• WHAT YOU NEED TO DO: Exactly the lines from the one containing "relaying = λ i y here." through the end of the data below are to be reproduced, and nothing besides them.

EXERCISE INPUT: Begin

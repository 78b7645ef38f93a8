-- ===== src/Worker/Relayed/Steps.antt =====
-- On every step of a worker, what it hands to the bus.
use goxo.Base.{
  ℕ, ◌≡◌, refl, sym, subst, inl, inr, arith, true, Option, List, [], ◌∷◌, Option-cases, Bool-cases,
  nat_Eq,
}
use goxo.Base.Text.{Str}
use goxo.Note.{Emit, EmitAck}
use goxo.Note.Wire.{emit, done, pickup}
use goxo.Worker.State.{
  Delivery, Supervisor, spawning, backoff, reading, publishing, answering, reaping, settling,
  Worker,
}
use goxo.Worker.Messages.{call, offer, reap, settle_stale, next_round, call_fired}
use goxo.Worker.Process.{
  request_stop, send_note, send_abort, ack_emit, declared, publish, write, write_head, lose,
  drop_head, close_stdin, spawn, begin_close, kill,
}
use goxo.Worker.Cases.{offer_cases, send_abort_cases}
use goxo.Worker.Steps.{
  Action, spawns, wakes, reads, publishes, answers, read_ends, reaps, settles, goes_on, offers,
  queues, aborts, returns, times_out, fires, writes, loses, closes_stdin, closing_begins, kills,
  cancels, wake, supervise, return_message, step,
}
use goxo.Worker.Relayed.{
  Due, Relayed, calm, apart, entries, on_done-Relayed, on_pickup-Relayed, on_timeout-Relayed,
  reclaim-Relayed, register-Relayed, on_emit-Relayed,
}

module _ (P : List Str → Type 0) (outputs : List Str) where
  -- The answer to an emit is queued or dropped.
  acked :
      (g : ℕ) (a : EmitAck) (w : Worker) → Relayed P outputs w → Relayed P outputs (ack_emit g a w)
  acked g a w v = apart P outputs w _ (unfold ack_emit in ground arith) v

  publish-Relayed :
      (g : ℕ) (chain : List Str) (e : Emit) (answer : Option Str) (w : Worker)
      → P chain
      → Relayed P outputs w
      → Relayed P outputs (publish g chain e answer w)
  unfolding publish
  publish-Relayed g chain e answer w h v = elim (Bool-cases (declared w.cfg.outputs e.selector)) [
    | inr out ↦ rw (out, publish) (acked g _ _ silenced)
    | inl known ↦ elim (Option-cases answer) [
      | inl n ↦ rw (known, publish) (rw n (acked g _ _ (added known)))
      | inr (x, n) ↦ rw (known, publish) (rw n (acked g _ _ (added known)))
    ]
  ]
    where
      silenced : Relayed P outputs (record w { sup = reading g })
      silenced = record { same = v.same; known = v.known; due = tt; sent = v.sent }

      added :
          declared w.cfg.outputs e.selector ≡ true
          → Relayed P outputs (record w {
            sup = reading g;
            published =
                record { chain = chain; selector = e.selector; fields = e.fields } ∷ w.published;
          })
      added known = record {
        same = v.same;
        known = v.known;
        due = tt;
        sent = ((subst (λ o. declared o e.selector ≡ true) v.same known, h), v.sent);
      }

  supervise-Relayed :
      (a : Action) (s : Supervisor) (w : Worker)
      → P []
      → w.sup ≡ s
      → Relayed P outputs w
      → Relayed P outputs (supervise a s w)
  unfolding supervise
  supervise-Relayed (spawns f) spawning w h q v =
      calm P outputs w (spawn f w) (unfold spawn in ground arith) v
  supervise-Relayed (wakes b) backoff w h q v =
      calm P outputs w (wake b w) (unfold wake in ground (arith, q)) v
  supervise-Relayed (reads (emit x)) (reading g) w h q v = on_emit-Relayed P outputs g x w h v
  supervise-Relayed (reads (done x)) (reading g) w h q v = on_done-Relayed P outputs g x w v
  supervise-Relayed (reads (pickup x)) (reading g) w h q v = on_pickup-Relayed P outputs x.id w v
  supervise-Relayed (publishes x) (publishing g chain y) w h q v =
      publish-Relayed g chain y x w (subst (Due P outputs) q v.due) v
  supervise-Relayed answers (answering g s) w h q v =
      calm P outputs w _ (unfold call in (refl, refl, refl, refl)) v
  supervise-Relayed read_ends (reading g) w h q v =
      calm P outputs w _ (unfold request_stop in (refl, refl, refl, refl)) v
  supervise-Relayed reaps (reaping g) w h q v =
      unfold reap in entries P outputs [] _ w _ (refl, refl, refl, refl) tt tt v
  supervise-Relayed (settles n) (settling stale last) w h q v =
      calm P outputs w (settle_stale n stale last w) (unfold settle_stale call in ground (arith, q))
        v
  supervise-Relayed goes_on (settling [] last) w h q v =
      calm P outputs w (next_round [] last w) (unfold next_round in ground arith) v
  supervise-Relayed _ _ w h q v = v

  -- The chain of a message that is offered.
  abbrev pub Offered : Action → Type 0
  Offered (offers d) = P d.chain
  Offered _ = Unit

  offer-Relayed :
      (d : Delivery) (w : Worker) → P d.chain → Relayed P outputs w → Relayed P outputs (offer d w)
  offer-Relayed d w h v = elim (offer_cases d w) [
    | inl e ↦ subst (Relayed P outputs) (sym e) v
    | inr (g, e, _, _, _, _) ↦
        subst (Relayed P outputs) (sym e) (register-Relayed P outputs g d w h v)
  ]

  send_abort-Relayed : (w : Worker) → Relayed P outputs w → Relayed P outputs (send_abort w)
  send_abort-Relayed w v = elim (send_abort_cases w) [
    | inl e ↦ subst (Relayed P outputs) (sym e) v
    | inr (g, id, d, _, e) ↦ subst (Relayed P outputs) (sym e) (reclaim-Relayed P outputs id d w v)
  ]

  pub step-Relayed :
      (a : Action) (w : Worker)
      → P []
      → Offered a
      → Relayed P outputs w
      → Relayed P outputs (step a w)
  unfolding step
  step-Relayed (offers d) w h o v = offer-Relayed d w o v
  step-Relayed queues w h o v = apart P outputs w (send_note w) (unfold send_note in ground arith) v
  step-Relayed aborts w h o v = send_abort-Relayed w v
  step-Relayed returns w h o v =
      apart P outputs w (return_message w) (unfold return_message call in ground arith) v
  step-Relayed (times_out id) w h o v = on_timeout-Relayed P outputs id w v
  step-Relayed (fires n) w h o v =
      apart P outputs w (call_fired n w) (unfold call_fired call in ground arith) v
  step-Relayed (writes g) w h o v =
      apart P outputs w (write g w) (unfold write write_head in ground arith) v
  step-Relayed (loses g) w h o v =
      apart P outputs w (lose g w) (unfold lose drop_head in ground arith) v
  step-Relayed (closes_stdin g) w h o v =
      apart P outputs w (close_stdin g w) (unfold close_stdin in ground arith) v
  step-Relayed closing_begins w h o v =
      apart P outputs w (begin_close w) (unfold begin_close request_stop in ground arith) v
  step-Relayed kills w h o v = apart P outputs w (kill w) (unfold kill in ground arith) v
  step-Relayed cancels w h o v = apart P outputs w _ (refl, refl, refl, refl) v
  step-Relayed a w h o v = supervise-Relayed a w.sup w h refl v
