-- ===== src/Engine/System/Published.antt =====
-- What the engine of internal/engine/engine.go publishes: only on declared outputs, and only behind
-- chains that its limits admitted.
use goxo.Base.{
  ℕ, ◌≡◌, refl, ap, sym, subst, ◌∙◌, ◌⊎◌, inl, inr, true, some, List, [], ◌∷◌, All, length,
  get_elem?, ltb, Option-cases, Bool-cases, ◌≢◌, none, Option, nat_eq, arith, nat_Eq, if◌then◌else◌,
}
use goxo.Base.Int.{ℤ}
use goxo.Base.Text.{Str}
use goxo.Bus.Control.{Base64, Coder}
use goxo.Bus.Transport.{AmqpDelivery}
use goxo.Engine.Admit.{admit, accept}
use goxo.Engine.Handling.{Engine, Handled, dropped, offered, on_message, on_message_cases}
use goxo.Engine.System.{
  Consumer, selecting, choosing, placing, placed, ended, System, SystemAction, comes, looks, places,
  leaves, stops, closes, interrupts, works, at_start, choose, receive, look, place, leave, consume,
  system_step, system_run,
}
use goxo.Engine.System.Account.{fresh}
use goxo.Worker.State.{
  Inflight, Supervisor, reading, publishing, Config, Delivery, Worker, Dispatcher, ready, sending,
  returning, new_worker,
}
use goxo.Worker.Messages.{shutting_down, free_slot}
use goxo.Worker.Process.{on_emit, publish, ack_emit, declared, begin_close, kill}
use goxo.Worker.Pool.{outstanding, new_pool}
use goxo.Worker.Steps.{
  run, reads, publishes, supervise, on_note, Action, offers, closing_begins, kills, cancels, own,
  step,
}
use goxo.Base.Dict.{lookup}
use goxo.Note.{Emit}
use goxo.Note.Wire.{emit}
use goxo.Engine.System.Every.{Every, set-Every, shutdown-Every, interrupt-Every}
use goxo.Worker.Relayed.{Relayed, lookup-Known}
use goxo.Worker.Relayed.Steps.{Offered, step-Relayed}
use goxo.Worker.Shutdown.{pool_step}

-- `P` holds of the empty chain, and `outputs` are those that the agent declares.
module _ (P : List Str → Type 0) (outputs : List Str) (nil : P []) where
  abbrev Relaying : List Worker → Type 0
  Relaying ws = Every (Relayed P outputs) ws

  own-Offered : (a : Action) → own a ≡ true → Offered P outputs a
  unfolding own
  own-Offered (offers d) h = absurd (cc h)
  own-Offered _ h = tt

  begin_close-Relayed : (w : Worker) → Relayed P outputs w → Relayed P outputs (begin_close w)
  begin_close-Relayed w v = unfold step in step-Relayed P outputs closing_begins w nil tt v

  kill-Relayed : (w : Worker) → Relayed P outputs w → Relayed P outputs (kill w)
  kill-Relayed w v = unfold step in step-Relayed P outputs kills w nil tt v

  -- The chain of the message that the consumer has in hand.
  abbrev Carried : Consumer → Type 0
  Carried (choosing best load next d) = P d.chain
  Carried (placing i d) = P d.chain
  Carried _ = Unit

  record Passing (s : System) : Type 0 where
    relaying : Relaying s.serving.workers
    carried : Carried s.consumer

  choose-Passing : (d : Delivery) (s : System) → P d.chain → Passing s → Passing (choose d s)
  unfolding choose
  choose-Passing d s h v = elim (Option-cases (get_elem? s.serving.workers 0)) [
    | inl e ↦ rw (e, choose) v
    | inr (w, e) ↦ rw (e, choose) (record { relaying = v.relaying; carried = h })
  ]

  look-Passing :
      (best load next : ℕ) (d : Delivery) (s : System)
      → P d.chain
      → Passing s
      → Passing (look best load next d s)
  unfolding look
  look-Passing best load next d s h v = elim (Option-cases (get_elem? s.serving.workers next)) [
    | inl e ↦ rw (e, look) (record { relaying = v.relaying; carried = h })
    | inr (w, e) ↦ elim (Bool-cases (ltb (outstanding w) load)) [
      | inl t ↦ rw (e, look) (rw t (record { relaying = v.relaying; carried = h }))
      | inr f ↦ rw (e, look) (rw f (record { relaying = v.relaying; carried = h }))
    ]
  ]

  place-Passing :
      (i : ℕ) (d : Delivery) (s : System) → P d.chain → Passing s → Passing (place i d s)
  unfolding place pool_step
  place-Passing i d s h v = elim (Option-cases (get_elem? s.serving.workers i)) [
    | inl e ↦ rw (e, place) v
    | inr (w, e) ↦ elim (Bool-cases (shutting_down w)) [
      | inl t ↦ rw (e, place) (rw t (record { relaying = v.relaying; carried = tt }))
      | inr f ↦ elim (Option-cases (free_slot w)) [
        | inl g ↦ rw (e, place) (rw f (rw g v))
        | inr (x, g) ↦
            rw (e, place)
              (rw f (
                rw g (record {
                  relaying =
                      set-Every (Relayed P outputs) s.serving.workers i (step (offers d))
                        (λ y. step-Relayed P outputs (offers d) y nil h) v.relaying;
                  carried = tt;
                })))
      ]
    ]
  ]

  leave-Passing :
      (i : ℕ) (s : System) (k : Dispatcher) (w : Worker)
      → get_elem? s.serving.workers i ≡ some w
      → w.disp ≡ k
      → Passing s
      → Passing (leave i s)
  unfolding leave
  leave-Passing i s ready w e q v =
      rw (e, leave) (rw q (record { relaying = v.relaying; carried = tt }))
  leave-Passing i s (sending g id d) w e q v = rw (e, leave) (rw q v)
  leave-Passing i s (returning x) w e q v = rw (e, leave) (rw q v)

  leaves-Passing : (i : ℕ) (s : System) → Passing s → Passing (leave i s)
  leaves-Passing i s v = elim (Option-cases (get_elem? s.serving.workers i)) [
    | inl e ↦ unfold leave in rw (e, leave) v
    | inr (w, e) ↦ leave-Passing i s w.disp w e refl v
  ]

  module _ {E : Type 0} (b : Base64) (c : Coder E) (e : Engine)
      (lets : (d : AmqpDelivery) (o : Delivery) → on_message b c e d ≡ offered o → P o.chain) where
    receive-Passing :
        (d : AmqpDelivery) (what : Handled) (s : System)
        → on_message b c e d ≡ what
        → Passing s
        → Passing (receive what d.tag s)
    unfolding receive
    receive-Passing d (dropped call) s h v = record { relaying = v.relaying; carried = v.carried }
    receive-Passing d (offered o) s h v =
        choose-Passing o (record s { arrived = d.tag ∷ s.arrived }) (lets d o h)
          (record { relaying = v.relaying; carried = v.carried })

    consume-Passing :
        (a : SystemAction) (k : Consumer) (s : System)
        → s.consumer ≡ k
        → Passing s
        → Passing (consume b c e a k s)
    unfolding consume
    consume-Passing (comes d) selecting s q v = receive-Passing d (on_message b c e d) s refl v
    consume-Passing looks (choosing best load next d) s q v =
        look-Passing best load next d s (subst Carried q v.carried) v
    consume-Passing places (placing i d) s q v = place-Passing i d s (subst Carried q v.carried) v
    consume-Passing leaves (placed i) s q v = leaves-Passing i s v
    consume-Passing stops selecting s q v = record { relaying = v.relaying; carried = tt }
    consume-Passing (closes a) ended s q v = record {
      relaying =
          shutdown-Every (Relayed P outputs) begin_close-Relayed kill-Relayed a s.serving.phase
            s.serving v.relaying;
      carried = v.carried;
    }
    consume-Passing _ _ s q v = v

    system_step-Passing :
        (a : SystemAction) (s : System) → Passing s → Passing (system_step b c e a s)
    unfolding system_step pool_step
    system_step-Passing interrupts s v = record {
      relaying =
          interrupt-Every (Relayed P outputs) (λ w k. step-Relayed P outputs cancels w nil tt k)
            (length s.serving.workers) s.serving v.relaying;
      carried = v.carried;
    }
    system_step-Passing (works i a) s v = elim (Bool-cases (own a)) [
      | inr o ↦ rw o v
      | inl o ↦ rw o (record {
        relaying =
            set-Every (Relayed P outputs) s.serving.workers i (step a)
              (λ w. step-Relayed P outputs a w nil (own-Offered a o)) v.relaying;
        carried = v.carried;
      })
    ]
    system_step-Passing a s v = consume-Passing a s.consumer s refl v

    system_run-Passing :
        (actions : List SystemAction) (s : System)
        → Passing s
        → Passing (system_run b c e actions s)
    unfolding system_run
    system_run-Passing [] s v = v
    system_run-Passing (a ∷ rest) s v =
        system_run-Passing rest (system_step b c e a s) (system_step-Passing a s v)

-- What the limits let through; the empty chain is always among it.
abbrev Admitted : Engine → List Str → Type 0
Admitted e chain = admit chain e.agent e.cyclic e.depth e.accepted ≡ accept

nil-Admitted : (e : Engine) → Admitted e []
nil-Admitted e = unfold admit in ground arith

offered-Admitted :
    {E : Type 0} (b : Base64) (c : Coder E) (e : Engine) (d : AmqpDelivery) (o : Delivery)
    → on_message b c e d ≡ offered o
    → Admitted e o.chain
offered-Admitted b c e d o q = elim (on_message_cases b c e d) [
  | inl (h, _) ↦ absurd (cc (q, h))
  | inr (inl (_, _, _, r, _, _, _, h)) ↦ absurd (cc (q, h))
  | inr (inr (agents, _, o', _, _, ok, h, _, chain, _, _)) ↦
      let both : offered o ≡ offered o' = sym q ∙ h in
      let same : o ≡ o' = cc both in
      let came : o.chain ≡ agents = ap (λ (y : Delivery). y.chain) same ∙ chain in
      ap (λ l. admit l e.agent e.cyclic e.depth e.accepted) came ∙ ok
]

-- The chain behind which the emit `x` is to go: that of the message that it names, if that is in
-- flight, which the limits admitted; else none.
abbrev pub Behind : Engine → Emit → Worker → List Str → Type 0
Behind e x w chain =
    ((lookup x.deliver w.msgs ≡ none) × (chain ≡ []))
    ⊎ ((m : Inflight) × (lookup x.deliver w.msgs ≡ some m)
        × (chain ≡ m.chain)
        × (admit m.chain e.agent e.cyclic e.depth e.accepted ≡ accept))

-- What is published once the emit `x` was read and Publish has returned.
abbrev pub Relays : Worker → Emit → Option Str → List Str → Type 0
Relays w x answer chain = (run (reads (emit x) ∷ publishes answer ∷ []) w).published ≡ (
    if declared w.cfg.outputs x.selector
    then record { chain = chain; selector = x.selector; fields = x.fields } ∷ w.published
    else w.published)

reading_cases : (s : Supervisor) (g : ℕ) → (s ≢ reading g) ⊎ (s ≡ reading g)
reading_cases (reading g') g = elim (Bool-cases (nat_eq g' g)) [
  | inl h ↦ inr (ap reading (ground (arith, h)))
  | inr h ↦ inl (λ q. ground (arith, h, q))
]
reading_cases _ g = inl (λ q. cc q)

publish-published :
    (g : ℕ) (chain : List Str) (x : Emit) (answer : Option Str) (w : Worker)
    → (publish g chain x answer w).published ≡ (
        if declared w.cfg.outputs x.selector
        then record { chain = chain; selector = x.selector; fields = x.fields } ∷ w.published
        else w.published)
unfolding publish ack_emit
publish-published g chain x answer w = elim (Bool-cases (declared w.cfg.outputs x.selector)) [
  | inl h ↦ rw (h, publish) (ground arith)
  | inr h ↦ rw (h, publish) (ground arith)
]

read-Relays :
    (g : ℕ) (chain : List Str) (x : Emit) (answer : Option Str) (w : Worker)
    → w.sup ≡ reading g
    → on_emit g x w ≡ record w { sup = publishing g chain x }
    → Relays w x answer chain
unfolding run step supervise on_note
read-Relays g chain x answer w q h =
    rw (q, h) (publish-published g chain x answer (record w { sup = publishing g chain x }))

relays :
    (e : Engine) (outputs : List Str) (g : ℕ) (x : Emit) (answer : Option Str) (w : Worker)
    → w.sup ≡ reading g
    → Relayed (Admitted e) outputs w
    → (chain : List Str) × Behind e x w chain × Relays w x answer chain
relays e outputs g x answer w q v = elim (Option-cases (lookup x.deliver w.msgs)) [
  | inl h ↦
      ([], inl (h, refl), read-Relays g [] x answer w q (unfold on_emit in rw (h, on_emit) refl))
  | inr (m, h) ↦ (
    m.chain,
    inr (m, h, refl, lookup-Known (Admitted e) outputs x.deliver w.msgs m h v.known),
    read-Relays g m.chain x answer w q (unfold on_emit in rw (h, on_emit) refl),
  )
]

-- However the engine's goroutines and the handlers interleave: each emit that a worker of the pool
-- hands to the bus names a selector that the agent declares as an output, and goes behind a chain
-- that the engine's limits admit. When the read loop gets a further emit, it is handed to the bus if
-- and only if its selector is declared, behind the chain of the message in flight that it names, which
-- the limits admitted; an emit that names no message in flight goes behind the empty chain.
pub published_admitted :
    {E : Type 0} (b : Base64) (c : Coder E) (e : Engine) (cfg : Config) (size capacity : ℤ)
    (actions : List SystemAction) (j : ℕ) (w : Worker) (g : ℕ) (x : Emit) (answer : Option Str)
    → get_elem? (system_run b c e actions (at_start (new_pool cfg size capacity))).serving.workers j
      ≡ some w
    → (w.cfg.outputs ≡ cfg.outputs)
      × All
          (λ p.
            (declared cfg.outputs p.selector ≡ true)
            × (admit p.chain e.agent e.cyclic e.depth e.accepted ≡ accept))
          w.published
      × ((w.sup ≢ reading g) ⊎ ((chain : List Str) × Behind e x w chain × Relays w x answer chain))
published_admitted b c e cfg size capacity actions j w g x answer at =
    let begun : Passing (Admitted e) cfg.outputs (nil-Admitted e)
        (at_start (new_pool cfg size capacity)) =
      record {
        relaying = λ i y here.
            subst (Relayed (Admitted e) cfg.outputs) (sym (fresh cfg size capacity i y here))
              (unfold new_worker in record { same = refl; known = tt; due = tt; sent = tt });
        carried = unfold at_start in tt;
      } in
    let passing =
      system_run-Passing (Admitted e) cfg.outputs (nil-Admitted e) b c e (offered-Admitted b c e)
        actions _ begun in
    let v = passing.relaying j w at in
    (
      v.same,
      v.sent,
      elim (reading_cases w.sup g) [
        | inl h ↦ inl h
        | inr h ↦ inr (relays e cfg.outputs g x answer w h v)
      ],
    )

EXERCISE INPUT: End

• EXERCISE RESPONSE:
        relaying = λ i y here.
            subst (Relayed (Admitted e) cfg.outputs) (sym (fresh cfg size capacity i y here))
              (unfold new_worker in record { same = refl; known = tt; due = tt; sent = tt });
        carried = unfold at_start in tt;
      } in
    let passing =
      system_run-Passing (Admitted e) cfg.outputs (nil-Admitted e) b c e (offered-Admitted b c e)
        actions _ begun in
    let v = passing.relaying j w at in
    (
      v.same,
      v.sent,
      elim (reading_cases w.sup g) [
        | inl h ↦ inl h
        | inr h ↦ inr (relays e cfg.outputs g x answer w h v)
      ],
    )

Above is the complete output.